My project is designed to take a URL, get the create date of said URL, and extract specific information from the URL. All of these parameters get passed successfully to mySQL if and only if they are in English and Spanish; however, whenever I encounter a foreign excerpt, such as:
بسم الله الرحمن الرحيم نسألكم الدعاء
mysql translates it to:
??? ???? ?????? ?????? ?????? ??????
I understand that this is a UTF-8 issue. On intellij, I could see foreign characters just fine when I print the line, so I am assuming that whatever JSoup retrieved is fine.
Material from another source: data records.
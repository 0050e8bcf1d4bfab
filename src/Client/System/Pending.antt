-- ===== src/Client/System/Pending.antt =====
-- bin/client: what the statuses of the bridge come to, as the swarm task delivers no response.
use gozara.Base.{
  ℕ, ◌≡◌, ◌≢◌, ◌⊎◌, refl, ap, subst, String, List, [], ◌∷◌, Option, none, some, All, Eq, arith, inl,
  inr, Option-cases, string_eq,
}
use gozara.Base.Maps.{lookup, All-lookup}
use gozara.Peyk.Protocol.{request_storage_permits}
use gozara.Peyk.Swarm.{swarm_new, handle_swarm_message}
use gozara.Peyk.Swarm.Channel.{IsSound, IsNoResponse, take_from-IsSound, round-IsSound, state_of}
use gozara.Client.Messages.{pending}
use gozara.Client.Services.{Services}
use gozara.Client.Bridge.{
  TimestampedStatus, replied, ok_200, not_found_404, bridge_new, get_status, most_recent,
  status_reply,
}
use gozara.Client.Bridge.Server.{server_new}
use gozara.Client.Bridge.Server.Statuses.{Each, HoldsAtFirst, serve-Each}
use gozara.Client.Bridge.Server.Others.{Grows-Each, get_blob-Grows}
use gozara.Client.Coordinator.{Pipeline, pipeline_new}
use gozara.Client.Coordinator.Events.{
  Event, running, handler, admission, shutdown_requested, stale_tick, assign_tick, internal,
  incoming_push, incoming_pull, transfer, closed, ended, step,
}
use gozara.Client.Coordinator.Starved.{IsStarved, ComesFromSwarm, LoopStarves, step-LoopStarves}
use gozara.Client.System.{
  IsInternal, System, system_new, Step, request, fetch, receive, work, notify, hear, ask, listen,
  release, Reach, here, next,
}

-- Every status of the map is pending.
abbrev pub ArePending : List TimestampedStatus → Type 0
ArePending l = (l ≢ []) × All (λ s. s.status ≡ pending) l

last-ArePending : (l : List TimestampedStatus) → ArePending l → most_recent l ≡ some pending
last-ArePending [] h = absurd (h.0 refl)
last-ArePending (s ∷ []) h = ap some h.1.0
last-ArePending (s ∷ t ∷ l) h = last-ArePending (t ∷ l) ((λ e. cc), h.1.1)

first-ArePending : HoldsAtFirst ArePending
first-ArePending s fresh = ((λ e. cc), (fresh, tt))

-- What keeps the bridge from hearing of a blob.
abbrev pub Starves : {Hash Tree : Type 0} → System Hash Tree → Type 0
Starves s = IsStarved s.pipeline × IsSound s.swarm × Each ArePending s.server.bridge.status_map

internal-ComesFromSwarm :
    {Hash Tree : Type 0} (e : Event Hash Tree) → IsInternal e → ComesFromSwarm e
internal-ComesFromSwarm shutdown_requested own = tt
internal-ComesFromSwarm stale_tick own = tt
internal-ComesFromSwarm assign_tick own = tt
internal-ComesFromSwarm (handler m) own = absurd own
internal-ComesFromSwarm (admission m) own = absurd own
internal-ComesFromSwarm internal own = tt
internal-ComesFromSwarm (incoming_push p) own = tt
internal-ComesFromSwarm (incoming_pull p) own = tt
internal-ComesFromSwarm (transfer e) own = tt
internal-ComesFromSwarm closed own = tt
internal-ComesFromSwarm (ended i r) own = tt

module _ {Hash Tree : Type 0} ⦃hash_eq : Eq Hash⦄ (services : Services Hash Tree) where
  -- A round after which the coordinator goes on.
  round-IsStarved :
      (p p' : Pipeline Hash Tree) (now : ℕ) (e : Event Hash Tree)
      → ComesFromSwarm e
      → IsStarved p
      → step services p now e ≡ running p'
      → IsStarved p'
  round-IsStarved p p' now e comes h went =
      subst LoopStarves went (step-LoopStarves services p now e comes h)

module _ {Hash Tree : Type 0} ⦃hash_eq : Eq Hash⦄ (services : Services Hash Tree)
    (decode : List ℕ → Option ℕ) where
  Step-Starves : {s t : System Hash Tree} → Step services decode s t → Starves s → Starves t
  unfolding handle_swarm_message
  Step-Starves (request s a fits) (starved, sound, waits) =
      (starved, sound, serve-Each services ArePending s.server a first-ArePending waits)
  Step-Starves (fetch s id now r b' e) (starved, sound, waits) = (
    starved,
    sound,
    Grows-Each ArePending s.server.bridge.status_map b'.status_map first-ArePending
        (get_blob-Grows services s.server.bridge b' id now r e) waits,
  )
  Step-Starves (receive s now m rest p' waiting e) (starved, sound, waits) =
      (round-IsStarved services s.pipeline p' now (admission m) tt starved e, sound, waits)
  Step-Starves (work s now ev p' own e) (starved, sound, waits) = (
    round-IsStarved services s.pipeline p' now ev (internal-ComesFromSwarm ev own) starved e,
    sound,
    waits,
  )
  Step-Starves (hear s now m rest p' waiting e) (starved, sound, waits) =
      let heard : All IsNoResponse (m ∷ rest) = subst (All IsNoResponse) waiting sound.0 in
      (
        round-IsStarved services s.pipeline p' now (handler m) heard.0 starved e,
        take_from-IsSound (m ∷ rest) s.swarm waiting sound,
        waits,
      )
  Step-Starves (ask s (request_storage_permits peers) rest waiting) (starved, sound, waits) =
      (starved, sound, waits)
  Step-Starves (listen s e swarm' own went) (starved, sound, waits) = (
    starved,
    subst (λ r. IsSound (state_of r)) went (round-IsSound decode s.swarm e sound),
    waits,
  )
  Step-Starves (notify s now m rest waiting) (starved, sound, waits) =
      absurd (ground (arith, starved.3, waiting))
  Step-Starves (release s) (starved, sound, waits) = (starved, sound, waits)

  Reach-Starves : {s : System Hash Tree} → Reach services decode system_new s → Starves s
  unfolding system_new server_new bridge_new pipeline_new swarm_new
  Reach-Starves here = ((refl, refl, refl, refl), (tt, tt, omega arith, tt), tt)
  Reach-Starves (next r st) = Step-Starves st (Reach-Starves r)

  -- In every state that the bridge, the coordinator and the swarm task reach from their start,
  -- whatever id is asked for, `get_status` answers `404` or that the blob is pending.
  pub Reach-stays_pending :
      (s : System Hash Tree) (id : String)
      → Reach services decode system_new s
      → (get_status s.server.bridge id ≡ replied not_found_404 none)
        ⊎ (get_status s.server.bridge id ≡ replied ok_200 (some pending))
  unfolding get_status
  Reach-stays_pending s id reached =
      let (starved, sound, waits) = Reach-Starves reached in
      elim (Option-cases (lookup id s.server.bridge.status_map)) [
        | inl absent ↦ inl (rw absent refl)
        | inr (l, there) ↦
            let last =
              last-ArePending l
                (All-lookup ArePending id s.server.bridge.status_map l waits there) in
            inr (rw there (rw (last, status_reply) refl))
      ]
Below is the Java code. In case it is important, I am connecting to the database with c3p0. I am confident that establishing a connection to the database is not the problem, but for the sake of it being needed, I can provide it.
import org.jsoup.Jsoup;
import java.io.IOException;
import java.sql.Connection;
import java.sql.SQLException;
import java.util.logging.Level;
import java.util.logging.Logger;
import java.sql.PreparedStatement;
import org.jsoup.nodes.Document;
import java.beans.PropertyVetoException;
import com.mchange.v2.c3p0.*;
public class Connect {
private static final String URL = "jdbc:mysql://localhost:3306/testdb?allowMultiQueries=true";
private static final String USER = "root";
private static final String PASSWORD = "1234";
//Connection information here
public static void addlink(String url, String body, String createDate, String retrieveDate) { // adds html information to the database
Connection connection = null;
PreparedStatement statement = null;
try {
connection = cpds.getConnection();
statement = connection.prepareStatement("INSERT IGNORE INTO testtable(URL, Creation_Date, Retrieval_Date, Body) VALUES(?, ?, ?, ?);");
statement.setString(1, url);
statement.setString(2, createDate);
statement.setString(3, retrieveDate);
statement.setString(4, body);
statement.executeUpdate();
} catch // error handling
}
public void getPageData(String url, String retrieveDate) throws IOException { // gets the html information
Document doc = Jsoup.connect(url).userAgent("Mozilla").get();
String str = doc.body().text();
int endOfBody = str.length(); //for cutting out needless info in html text
StringBuilder body = new StringBuilder(str);
body.replace(0, 25, ""); // cut out unnecessary header info
body.replace(endOfBody - 128, endOfBody, ""); // cut out unnecessary trailer info
String finalBody = body.toString();
String createDate = finalBody.substring(finalBody.length()-10, finalBody.length());
addlink(url, finalBody, createDate, retrieveDate);
}
}
As far as changes I have made to the database, the body of the Url is passed as MEDIUMTEXT and I did:
mysql> ALTER TABLE testtable
-> DEFAULT CHARACTER SET utf8
-> collate utf8_general_ci
-> ;
Thanks in advance for any insight you all could share.
Edit: This has been marked as a duplicate, but the forum post in question is only one step to having mysql convert to unicode.